In C++11 you could just have in the class definition int a[2][2] = { {1,2}, {3,4} };

@Cheersandhth.-Alf As I can see there is a bug in VC++ (even in VC++2013).

@MattMcNabb Yes, but I think in class definitions are something that should never been added to the standard in the first place and that you shouldn't ever use it.

They have their place, they can simplify code that was convoluted otherwise. They do break interface/implementation separation though - although the concept of private and protected member variables also break that.

I think the assignment is undefined behaviour, although you could save the situation by using a memcpy or equivalent.

@MattMcNabb They also break the rule that I need to look at the ctors to understand the invariants of a class after construction. Now I need to look everywhere.

You have to look at the variables anyway, a ctor might neglect to initialize them (so they have uninitialized values sometimes).

This technique forces the compiler to use the assignement operator for above array (supported for standard structures). Naturally, this is only valid when the size of the operands are equal. I use this example to show the power of the casting of the C language. However, I accept your comment and I will make a new question about this argument, so we can have other opinions about aove code. Thanks.

The UB comes in before you get that far. It is undefined to alias a struct as an int[2][2]. (The Standard lists which types may be aliased with which types and this is not in the list). Further, it's possible that at may not be correctly aligned for array_t * (I'd have to check the wording of the alignment requirements to verify this)

I welcome your comments and I modified my solution, please tell me if you think that the new solution is more portable. Thanks.

Just for me and the sake of complete understanding: Doing so would render **a NULL after the constructor has ended right? I'm not exactly a pro in C either.

Since I just g++ I will go with that. Thanks a bunch.

No, no.

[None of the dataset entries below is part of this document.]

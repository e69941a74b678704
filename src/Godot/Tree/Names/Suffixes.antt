-- ===== src/Godot/Tree/Names/Suffixes.antt =====
-- src/modules/godot/virtual_tree.cpp: the suffixed names of one base are different.
use observer_modules.Prelude.{
  ℕ, ◌-◌, ◌≤◌, ◌<◌, ◌≡◌, sym, ap, ◌∙◌, Bool, true, false, List, ◌∷◌, ◌++◌, Option, none, some,
  if◌then◌else◌, length, length-append, length-take, length-drop, take, arith,
}
use mathlib.Core.List.{append_cancel_left, append_cancel_right}
use observer_modules.Godot.Pck.Path.{is_empty}
use observer_modules.Godot.Tree.Names.{find_last, extension_at, extension_of, decimal, suffixed}
use observer_modules.Godot.Tree.Names.Decimal.{read_decimal, read-decimal}

length-extension_at :
    (path : List ℕ) (slash dot : Option ℕ) → length (extension_at path slash dot) ≤ length path
length-extension_at path slash none = omega arith
length-extension_at path none (some dot) = ground (arith, length-drop dot path)
length-extension_at path (some slash) (some dot) = ground (arith, length-drop dot path)

pub length-extension_of : (path : List ℕ) → length (extension_of path) ≤ length path
unfolding extension_of
length-extension_of path = length-extension_at path (find_last b'/' path) (find_last b'.' path)

decimal-injective : (i j : ℕ) → decimal i ≡ decimal j → i ≡ j
decimal-injective i j e = sym (read-decimal i) ∙ ap (read_decimal 0) e ∙ read-decimal j

-- `counter` can be read off a suffixed name of `base`.
pub suffixed-injective : (base : List ℕ) (i j : ℕ) → suffixed base i ≡ suffixed base j → i ≡ j
unfolding suffixed
suffixed-injective base i j = go (is_empty (extension_of base))
  where
    tail : {x y : ℕ} {xs ys : List ℕ} → x ∷ xs ≡ y ∷ ys → xs ≡ ys
    tail e = cc

    go :
        (b : Bool)
        → (if b
            then base ++ (b'~' ∷ decimal i)
            else take (length base - length (extension_of base)) base
              ++ (b'~' ∷ decimal i)
              ++ extension_of base)
          ≡ (if b
              then base ++ (b'~' ∷ decimal j)
              else take (length base - length (extension_of base)) base
                ++ (b'~' ∷ decimal j)
                ++ extension_of base)
        → i ≡ j
    go true e =
        decimal-injective i j
          (tail (append_cancel_left base (b'~' ∷ decimal i) (b'~' ∷ decimal j) e))
    go false e =
        let stem : List ℕ = take (length base - length (extension_of base)) base in
        decimal-injective i j (
          tail (
            append_cancel_left stem (b'~' ∷ decimal i) (b'~' ∷ decimal j) (
              append_cancel_right (stem ++ (b'~' ∷ decimal i)) (stem ++ (b'~' ∷ decimal j))
                (extension_of base) e)))

-- A suffixed name is longer than its base.
pub length-suffixed : (base : List ℕ) (i : ℕ) → length base < length (suffixed base i)
unfolding suffixed
length-suffixed base i = go (is_empty (extension_of base))
  where
    go :
        (b : Bool)
        → length base
          < length (
              if b
              then base ++ (b'~' ∷ decimal i)
              else take (length base - length (extension_of base)) base
                ++ (b'~' ∷ decimal i)
                ++ extension_of base)
    go true = omega (arith, length-append base (b'~' ∷ decimal i))
    go false =
        let stem : List ℕ = take (length base - length (extension_of base)) base in
        omega (
          arith,
          length-append (stem ++ (b'~' ∷ decimal i)) (extension_of base),
          length-append stem (b'~' ∷ decimal i),
          length-take (length base - length (extension_of base)) base,
          length-extension_of base,
        )
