-- ===== src/RenPy.antt =====
-- src/modules/renpy: RPA archives.
pub mod Number
pub mod Pickle
pub mod Entries
pub mod Listing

The analogy is that b only exists inside where it was declared (the constructor) so if you take it's address, when the function ends, a will still have whatever value it was, but we can't guarantee what will lies there. The program may use that address for another purpose. Most likely, if you later try to access what a points to outside the function, an error about invalid memory will pop up, or some unreliable value will be read.

Okay, I see now. Thank you for clearing that up for me.